Christians as a rule probably do agree with the general notion that judges should more or less stick with their past decisions in an effort to maintain stability and predictability in the law. However, Christians (and non-Christians), also usually agree that if you find out you screwed something up, you should fix it going forward. Legislators make legislation, and later assemblies replace the legislation with new legislation. Judges interpret these laws with judicial opinions. Their opinions are not legislation. There is a principle (stare decises) that pushes the judge’s towards always deciding like cases the same in the future, but it is not “writing legislation” (which judges aren’t supposed to do) to write a new judicial opinion that overturns and corrects its past decisions.
The Supreme Court overrules itself. A simple Google search can uncover various times this has happened, both the recent and distant past.
The Supreme Court can (and should) overrule itself on Roe and Casey. In fact, it would be original intent and original meaning frameworks that would be used as the basis for the Court to declare “We got it wrong.” Originalism and Textualism make the strongest claim for how very wrong Roe and Casey are, and the more-wrong a decision is, the more reason a judge would have to not apply stare decisis.

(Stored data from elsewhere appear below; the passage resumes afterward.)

-- ===== src/Lib.antt =====
-- Verification of the keymaster: the authorizations that a key carries, their serialized form, the
-- enforcement of a key's authorizations, and the life of an operation.
--
-- The program. An AuthorizationSet (authorization_set.cpp) is a list of tagged parameters with the bytes
-- of its blobs in one array; it travels in messages and key blobs in the form of serializable.h.
-- AndroidKeymaster (android_keymaster.cpp) loads a key, asks KeymasterEnforcement
-- (keymaster_enforcement.cpp) whether the key's authorizations allow the operation, and keeps running
-- operations in an OperationTable (operation_table.cpp). Clients call it by the messages of
-- android_keymaster_messages.cpp.
--
-- The modules.
--   Common: names of the libraries, Boolean tests, lists over the native numbers.
--   Defs: the types of hardware/keymaster_defs.h and hw_auth_token.h, which are not in the repository.
--     Their numeric values, the type of a tag and the size of a parameter are the record KeymasterDefs.
--   Serial: the append_ and copy_ functions of include/keymaster/serializable.h and serializable.cpp. A
--     Writer is the pointers `buf` and `end` with the bytes written; a Cursor is an address with the
--     bytes up to `end`. Pointers are numbers of 64 bits whose sums wrap.
--   Buffers: class Buffer of the same two files, its memory as a list and its positions as numbers.
--   AuthSet: the storage of AuthorizationSet. Offsets stand for the pointers into the indirect data, and
--     `allocated` records what the array behind `indirect_data_` has room for, so that a write outside it
--     is the outcome `out_of_bounds`. AuthSet/Wire has SerializedSize, Serialize and Deserialize,
--     AuthSet/Lookup the searches, `erase` and `operator[]`, AuthSet/Order Sort and Deduplicate.
--   Utils: byte order, comparison of blocks and curve sizes of android_keymaster_utils.h and
--     android_keymaster_utils.cpp.
--   Enforcement: AccessTimeMap and AccessCountMap (Enforcement/Tables) and AuthorizeOperation with what
--     it calls (Enforcement/Authorize). The virtual methods are the record Context; ntoh, the tables and
--     the searches are those of the other modules.
--   Messages: android_keymaster_messages.h and android_keymaster_messages.cpp. The interface
--     Serializable of include/keymaster/serializable.h is a record; Messages/Requests,
--     Messages/Responses, Messages/Running and Messages/Chain give one for each message, and
--     Messages/Commands chooses the request and the response of each command. Messages/Parts has the
--     parts that messages are made of, Messages/Fields those of the fields.
--   OperationTable: Add, Find and Delete; the random handle is an input. OperationTable/Client has the map
--     of handles that the clients of the table see, with the same calls.
--   Interfaces: Operation and OperationFactory of operation.h, Key, KeyFactory and KeymasterContext; the
--     virtual methods are fields.
--   OperationFactory: the supported modes, the validation of padding and digest, and UpdateForFinish of
--     operation.cpp.
--   Hmac: hmac_operation.h and hmac_operation.cpp; an HMAC_CTX of OpenSSL is a value of any type.
--   Kdf: kdf.h, kdf.cpp, hkdf.cpp, iso18033kdf.cpp and HmacSha256 of hmac.cpp; OpenSSL's functions are parameters.
--   AndroidKeymaster: LoadKey, BeginOperation, UpdateOperation, FinishOperation and AbortOperation, with
--     the queries in AndroidKeymaster/Queries and the methods on keys in AndroidKeymaster/Keys.
--   Tests: concrete inputs for the theorems.
--
-- Bounds and fuel. A 32-bit or 64-bit value keeps its wrap written out. Loops are recursions on the list
-- or on the positions that are left; `GetTagCount` runs on fuel, one round for each element, which is
-- enough since each round moves past a position. Positions and sizes of sets fit an `int`.
--
-- Not modelled: CopyToParamSet and the builder of sets; the operations of the algorithms but HMAC, and
-- the keys, key blobs, engines and devices, which are mostly calls of OpenSSL or of hardware modules;
-- logging; the vendored ocb.c and List.h. Two tests of one begin that read the clock see the same time. A
-- message is read into a new one, and a message whose Deserialize fails is not used.
pub mod Common
pub mod Defs
pub mod Serial
pub mod Buffers
pub mod AuthSet
pub mod Utils
pub mod Enforcement
pub mod Messages
pub mod OperationTable
pub mod Interfaces
pub mod OperationFactory
pub mod Hmac
pub mod Kdf
pub mod AndroidKeymaster
pub mod Tests
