-- ===== src/Defs.antt =====
-- hardware/keymaster_defs.h and hw_auth_token.h as the code under include/keymaster sees them. The
-- headers are not in the repository, so the numeric values are a parameter, `KeymasterDefs`; the
-- enumerators themselves are those that the sources name.
use platform_system_keymaste.Common.{
  ℕ, ◌%◌, ◌^◌, Bool, true, false, List, [], ◌∷◌, ◌==◌, if◌then◌else◌, not,
}

-- keymaster_tag_type_t; `km_unknown` stands for a value that is none of the enumerators.
pub data TagType : Type 0 where
  km_invalid km_enum km_enum_rep km_uint km_uint_rep km_ulong km_ulong_rep : TagType
  km_date km_bool km_bignum km_bytes km_unknown : TagType

-- The enumerators of keymaster_tag_t that the enforcement code names; `unnamed` is any other value.
pub data Tag : Type 0 where
  invalid auth_token root_of_trust application_data attestation_challenge : Tag
  active_datetime origination_expire_datetime usage_expire_datetime : Tag
  min_seconds_between_ops max_uses_per_boot user_secure_id caller_nonce bootloader_only : Tag
  no_auth_required user_auth_type auth_timeout : Tag
  purpose algorithm key_size block_mode digest mac_length padding nonce min_mac_length kdf : Tag
  ec_curve blob_usage_requirements exportable rsa_public_exponent ecies_single_hash_mode : Tag
  creation_datetime origin rollback_resistant associated_data all_applications : Tag
  application_id os_version os_patchlevel user_id all_users include_unique_id unique_id : Tag
  reset_since_id_rotation allow_while_on_body padding_old digest_old unnamed : Tag

-- keymaster_purpose_t; the argument of `other` is a value that is no enumerator.
pub data Purpose : Type 0 where
  encrypt decrypt sign verify derive_key : Purpose
  other : ℕ → Purpose

-- keymaster_error_t, the enumerators that the modelled code returns; `error_code` carries what the
-- code passes on from elsewhere.
pub data KeymasterError : Type 0 where
  ok unknown_error invalid_key_blob memory_allocation_failed : KeymasterError
  incompatible_purpose unsupported_purpose key_user_not_authenticated key_not_yet_valid :
      KeymasterError
  key_expired key_rate_limit_exceeded key_max_ops_exceeded caller_nonce_prohibited : KeymasterError
  too_many_operations invalid_operation_handle unsupported_algorithm : KeymasterError
  key_requires_upgrade unsupported_padding_mode incompatible_padding_mode : KeymasterError
  unsupported_digest incompatible_digest unsupported_key_size unsupported_ec_curve : KeymasterError
  invalid_argument missing_mac_length unsupported_mac_length invalid_mac_length : KeymasterError
  verification_failed : KeymasterError
  error_code : ℕ → KeymasterError

-- `error == KM_ERROR_OK`.
abbrev pub is_ok : KeymasterError → Bool
is_ok ok = true
is_ok _ = false

pub record KeymasterDefs : Type 0 where
  -- The value of each enumerator.
  pub tag_value : Tag → ℕ
  pub purpose_value : Purpose → ℕ
  pub algorithm_rsa : ℕ
  pub algorithm_ec : ℕ
  -- `keymaster_tag_get_type`.
  pub get_type : ℕ → TagType
  -- `sizeof(keymaster_key_param_t)`.
  pub param_size : ℕ

-- The named enumerators, `unnamed` left out.
abbrev pub named_tags : List Tag
named_tags =
    invalid ∷ auth_token ∷ root_of_trust ∷ application_data ∷ attestation_challenge
    ∷ active_datetime ∷ origination_expire_datetime ∷ usage_expire_datetime
    ∷ min_seconds_between_ops ∷ max_uses_per_boot ∷ user_secure_id ∷ caller_nonce ∷ bootloader_only
    ∷ no_auth_required ∷ user_auth_type ∷ auth_timeout ∷ purpose ∷ algorithm ∷ key_size ∷ block_mode
    ∷ digest ∷ mac_length ∷ padding ∷ nonce ∷ min_mac_length ∷ kdf ∷ ec_curve
    ∷ blob_usage_requirements ∷ exportable ∷ rsa_public_exponent ∷ ecies_single_hash_mode
    ∷ creation_datetime ∷ origin ∷ rollback_resistant ∷ associated_data ∷ all_applications
    ∷ application_id ∷ os_version ∷ os_patchlevel ∷ user_id ∷ all_users ∷ include_unique_id
    ∷ unique_id ∷ reset_since_id_rotation ∷ allow_while_on_body ∷ padding_old ∷ digest_old ∷ []

unfoldable pub first_named : KeymasterDefs → List Tag → ℕ → Tag
first_named d [] n = unnamed
first_named d (t ∷ ts) n = if d.tag_value t == n then t else first_named d ts n

-- The enumerator that a `switch` on the value takes.
unfoldable pub tag_name : KeymasterDefs → ℕ → Tag
unfolding first_named
tag_name d n = first_named d named_tags n

-- keymaster_key_param_t. `word` is the union's scalar, and `offset` is where `blob.data` points,
-- counted from the set's indirect data.
pub record KeyParam : Type 0 where
  pub tag : ℕ
  pub word : ℕ
  pub offset : ℕ
  pub data_length : ℕ

-- The union's members of 32 and of 64 bits, and its `bool`.
abbrev pub enumerated : KeyParam → ℕ
enumerated p = p.word % 2 ^ 32

abbrev pub integer : KeyParam → ℕ
integer p = p.word % 2 ^ 32

abbrev pub long_integer : KeyParam → ℕ
long_integer p = p.word % 2 ^ 64

abbrev pub date_time : KeyParam → ℕ
date_time p = p.word % 2 ^ 64

abbrev pub boolean : KeyParam → Bool
boolean p = not (p.word % 256 == 0)

-- A parameter that a caller passes in, with the bytes that its `blob` points at.
pub record SourceParam : Type 0 where
  pub tag : ℕ
  pub word : ℕ
  pub blob : List ℕ

abbrev pub is_blob_type : TagType → Bool
is_blob_type km_bytes = true
is_blob_type km_bignum = true
is_blob_type _ = false

abbrev pub is_blob_tag : KeymasterDefs → ℕ → Bool
is_blob_tag d tag = is_blob_type (d.get_type tag)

It was “living constitution” thinking that got us Roe and Casey, and it is the originalist approach that would result in a different outcome.
It would be interesting to see what types of cases persuade the Court to not apply stare decisis versus the types in which stare decisis is rigidly followed. Perhaps that would uncover yet further examples of why Christians should not trust “good Conservative” Supreme Court justices. As we see more and more of what “Trump’s Supreme Court” is doing, we see even more emphatically why the article is correct: “Christians, Put Not Your Trust in Judges.”
A brief reply from Austin:
“Jaired has written a thoughtful and incisive response to my original piece on judges and judicial philosophy. The main point of that article was that Christians should not put their trust in judges to bring about the policy ends they desire, and it is wrong to compromise on one’s standards and values in other areas in order to (in a blatantly transactional way) get certain judges appointed over others. But, while I value clear and precise thinking, I sometimes fail to accomplish this in pursuit of arguing my point. That was the case with my assertion that overturning Roe would require abandoning originalism and textualism. Jaired is right on this point. It isn’t either of these judicial philosophies that would prevent the overturning of Roe, but rather the prevailing judicial tradition of stare decisis, which holds that courts should abide by the precedent set by previous case law. In any case, the tension between originalism and stare decisis may very well prevent the Supreme Court from overturning Roe (even though I would personally love to see it overturned), and I stand by my original point: Christians, including myself, should be wary of severely compromising their values in the hopes that judges will deliver the policy ends that they desire.”